How We Created Our Adoption Profile Book

If you're adopting a baby in the U.S., you'll need to create an adoption profile book. This book is one of the most important first impressions you'll ever make, and you'll want it to speak volumes about you. 

Our daughter's biological mother, Kim, received 10 books, including ours. When Tony and I first met with Kim and the biological father, Charlie, they kept referencing our book while asking us questions. It helped the conversation flow, making an awkward first meeting much more comfortable.
Based on much research and working with an adoption consultant, here's what my husband and I learned about creating a book that gets noticed. Consider it my holiday gift to you! 
First, some helpful tips:
  • Make it easy to read. Choose a font that's homey and inviting, but be sure that it's easy to read. It may help to stick to a larger font size, say 16 or 18. If you have a lot to share about yourselves, don't worry too much about length.
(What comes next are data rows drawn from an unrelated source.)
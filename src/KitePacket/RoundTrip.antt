-- ===== src/KitePacket/RoundTrip.antt =====
-- protocol/KitePacket.cpp: `toByteBuf` and `parseFrom` together, and what `parseFrom` accepts.
use kiteq_client_cpp.Base.{
  ℕ, suc, ◌+◌, ◌^◌, ◌≤◌, ◌<◌, ◌≡◌, refl, ◌≢◌, ◌⊎◌, Bool, true, false, List, ◌++◌, some, length,
  take, drop, arith, take-length,
}
use kiteq_client_cpp.ByteBuf.{Platform, read_int}
use kiteq_client_cpp.ByteBuf.Fields.{int_bytes}
use kiteq_client_cpp.ByteBuf.Long.{read_long-long_bytes, read_long-lt}
use kiteq_client_cpp.Protocol.{Kind, Codec, packet_head_len}
use kiteq_client_cpp.KitePacket.{
  Header, KitePacket, done, new_packet, kind_of_cmd, slice, parse_body, parse_from, to_byte_buf,
  sent_bytes,
}
use kiteq_client_cpp.KitePacket.Encode.{frame, to_byte_buf_lem}
use kiteq_client_cpp.KitePacket.Decode.{IsHeader, with_extension, parse_from-known, read_long-some}

-- A header and a message that `parseFrom` can give back: the command is that of the message's
-- kind, and the sizes fit an `int`.
pub record IsSendable {M : Type 0} (codec : Codec M) (h : Header) (m : M) : Type 0 where
  pub is_header : IsHeader h
  pub whole : codec.IsWhole m
  pub same_kind : kind_of_cmd h.cmd_type ≡ some (codec.kind m)
  pub short : length (codec.serialize m) + 24 < 2 ^ 31

length-frame :
    (h : Header) (body : List ℕ) → length (frame h body) ≡ packet_head_len + length body + 4
length-frame h body = omega arith

module _ (pf : Platform) {M : Type 0} (codec : Codec M) where
  -- The bytes to send are the frame, neither more nor fewer.
  pub sent_bytes_lem :
      (fuel : ℕ) (h : Header) (m : M)
      → length (codec.serialize m) + 24 < 2 ^ 31
      → (r : ℕ × KitePacket M) × (to_byte_buf pf codec (suc fuel) (new_packet h m) ≡ done r)
        × (sent_bytes r ≡ frame h (codec.serialize m))
        × (r.0 ≡ packet_head_len + length (codec.serialize m) + 4)
  sent_bytes_lem fuel h m short =
      let (b, e, content) = to_byte_buf_lem pf codec fuel h m short in
      let n = packet_head_len + length (codec.serialize m) + 4 in
      let whole : take n (frame h (codec.serialize m)) ≡ frame h (codec.serialize m) =
        take-length n (frame h (codec.serialize m)) (omega arith) in
      ((n, record { header = h; message = some m; buff = b }), e, rw content whole, refl)

  -- For a message and a header that `parseFrom` can give back (known command of the message's
  -- kind, a message that the runtime parses back, sizes that fit an `int`), with an extension
  -- below 2^32 and oversized shifts of 0 that give 0, `toByteBuf` succeeds, and `parseFrom` on
  -- its bytes behind the length field, whatever follows them, stores that header and that
  -- message.
  pub parse_from-to_byte_buf :
      (fuel : ℕ) (h : Header) (m : M) (pkg : KitePacket M) (rest : List ℕ)
      → IsSendable codec h m
      → h.extension < 2 ^ 32
      → ((k : ℕ) → pf.oversize_shift 0 k ≡ 0)
      → (r : ℕ × KitePacket M) × (to_byte_buf pf codec (suc fuel) (new_packet h m) ≡ done r)
        × (parse_from pf codec pkg
              (drop 4 (sent_bytes r) ++ rest)
              (packet_head_len + length (codec.serialize m))
            ≡ done (true, record pkg { header = h; message = some m }))
  parse_from-to_byte_buf fuel h m pkg rest s small zero_shift =
      let (r, e, sent, _) = sent_bytes_lem fuel h m s.short in
      let body = codec.serialize m in
      let parsed =
        parse_from-known pf codec pkg h h.extension (codec.kind m) body rest s.is_header s.short
          (read_long-long_bytes pf h.extension _ zero_shift small) s.same_kind in
      (r, e, rw sent (rw (codec.parse-serialize m s.whole) at parsed))

  -- For a message and a header that `parseFrom` can otherwise give back, with an extension of
  -- 2^32 or more, `parseFrom` on the bytes of `toByteBuf` accepts and stores the message and
  -- the rest of the header, but another extension.
  pub parse_from-wide_extension :
      (fuel : ℕ) (h : Header) (m : M) (pkg : KitePacket M) (rest : List ℕ)
      → IsSendable codec h m
      → 2 ^ 32 ≤ h.extension
      → (r : ℕ × KitePacket M) × (v : ℕ) × (to_byte_buf pf codec (suc fuel) (new_packet h m)
          ≡ done r)
        × (parse_from pf codec pkg
              (drop 4 (sent_bytes r) ++ rest)
              (packet_head_len + length (codec.serialize m))
            ≡ done (true, record pkg { header = with_extension h v; message = some m }))
        × (v ≢ h.extension)
  parse_from-wide_extension fuel h m pkg rest s wide =
      let (r, e, sent, _) = sent_bytes_lem fuel h m s.short in
      let body = codec.serialize m in
      let (v, long_read) =
        read_long-some pf h.extension (int_bytes (length body) ++ body ++ rest) in
      let parsed =
        parse_from-known pf codec pkg h v (codec.kind m) body rest s.is_header s.short long_read
          s.same_kind in
      let narrow = read_long-lt pf _ v long_read in
      (r, v, e, rw sent (rw (codec.parse-serialize m s.whole) at parsed), omega arith)

  -- Whenever `parseFrom` returns without reading out of bounds, on any bytes and with any
  -- length below 2^31, either it refuses and leaves the packet as it was, or it accepts a known
  -- command, the body's length is the one in the head, the body behind the 19 bytes of the head
  -- fits within the given length, and the message is parsed from exactly these bytes.
  pub parse_from_cases :
      (pkg q : KitePacket M) (buf : List ℕ) (pkglen : ℕ) (accepted : Bool)
      → pkglen < 2 ^ 31
      → parse_from pf codec pkg buf pkglen ≡ done (accepted, q)
      → ((accepted ≡ false) × (q ≡ pkg))
        ⊎ ((n : ℕ) × (k : Kind) × (accepted ≡ true)
            × (kind_of_cmd q.header.cmd_type ≡ some k)
            × (read_int (drop 15 buf) ≡ some n)
            × (packet_head_len + n ≤ pkglen)
            × (q.message ≡ some (codec.parse k (take n (drop packet_head_len buf))))
            × (q.buff ≡ pkg.buff))
  unfolding parse_from parse_body slice
  parse_from_cases pkg q buf pkglen accepted small e = ground arith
Our book turned out to be 26 pages long. 
  • Make it "kid-friendly." We were advised that biological moms and dads want to see how much you love being around children. So let them see you with the children that are already in your life, namely your nieces, nephews, and friends' kids. Be sure to include lots of pictures of children (37 out of 51 pictures in our book include kids). 
  • Make it descriptive. For example, share how you specifically like to celebrate the holidays. This way, birthparents get to know you, and can begin to envision their child in your life.
  • Make it attractive. My husband is very creative and was responsible for the look of our book. We had a very simple border around each page, and lots of photos with colorful borders. We also included captions, such as "Tony with niece Jaya on our family vacation in Vermont." We had our book professionally printed and bound (we ordered 10 in all, we sent out 4). If you're not a design star, no worries! Try or
  • Make it accurate and respectful. Always use "your baby" or "your child" instead of "our." An example: "As parents, we look forward to the little things, like rocking your child to sleep…."
  • Make it honest, personal, and heartfelt. Only you can tell your story. It took us three months to create our book, mostly because we found it to be so emotional. We included lots of detail since we wanted a birthparent to get an authentic feel for the kind of people we were and the life we were living. Hopefully it was the kind of life she imagined for her child.
Here are the pages we included in our adoption profile book:
  • Introduction - This is where we thanked the potential birthmother for looking at our book and told her how much we admired her strength for choosing adoption. Then we shared a bit about our wonderful (and loud) family and friends. We also included important contact information, such as our adoption attorney's phone number and our toll-free line. 
  • About Us - We described how we met and our road to becoming a stable, committed couple with a strong, loving marriage.
  • What I Love Most About Tony (Through the Eyes of Barbara) - This was probably the easiest page to write because it was about my groovy husband! I wrote about his talents, from cooking to spending time with our nieces and nephews to performing magic. I wrote about how he lights up a room, how much children love him, and how very much he wanted to be a father.
  • What I Love Most About Barbara (Through the Eyes of Tony)
  • Our Wedding - We shared where we got married and included some memorable pictures. Our daughter's biological mom, Kim, told us she thought it was great that our nieces and nephews were our bridesmaids and groomsmen. (So did we!)
  • Our Home - Here's where we described not only the home that we love, but also our neighborhood, neighbors, and the many nearby beaches, parks, and playgrounds.
  • Our Friends and Family - We wrote that we were lucky to have so many of our friends and family close by and explained how get-togethers happen at the spur of a moment.
  • A Family Tradition: Camping! - I wrote about how the family camping trips began when I was a little girl and that they're still going strong. My nieces and nephews have a great time doing all the same things my brothers and I did as kids.
  • Holidays- We gave specific examples of how we celebrate Halloween, Thanksgiving, and Christmas.
  • Vacations! Mostly pictures with this sentence: "We love traveling and can't wait to bring your child along, too!"
  • Wishing You the Best - We thanked the potential birthparent for taking the time to get to know us once again, and let her know that we would love to talk to get know each other better. We also repeated the important contact information. Every time we sent out a book, Tony and I signed it.  
A favorite read
Today, we keep a copy of our adoption profile book in our daughter's room. We use it to talk about her adoption story. After "reading" it with her and looking at all the family pictures, we tell her how happy we are that Kim and Charlie chose us to be her mommy and daddy forever and ever. 
I hope you've found this advice useful. If you have a specific question about creating your adoption profile book, just ask. Or if you have your own adoption profile insights for fellow prospective parents, let's hear from you! 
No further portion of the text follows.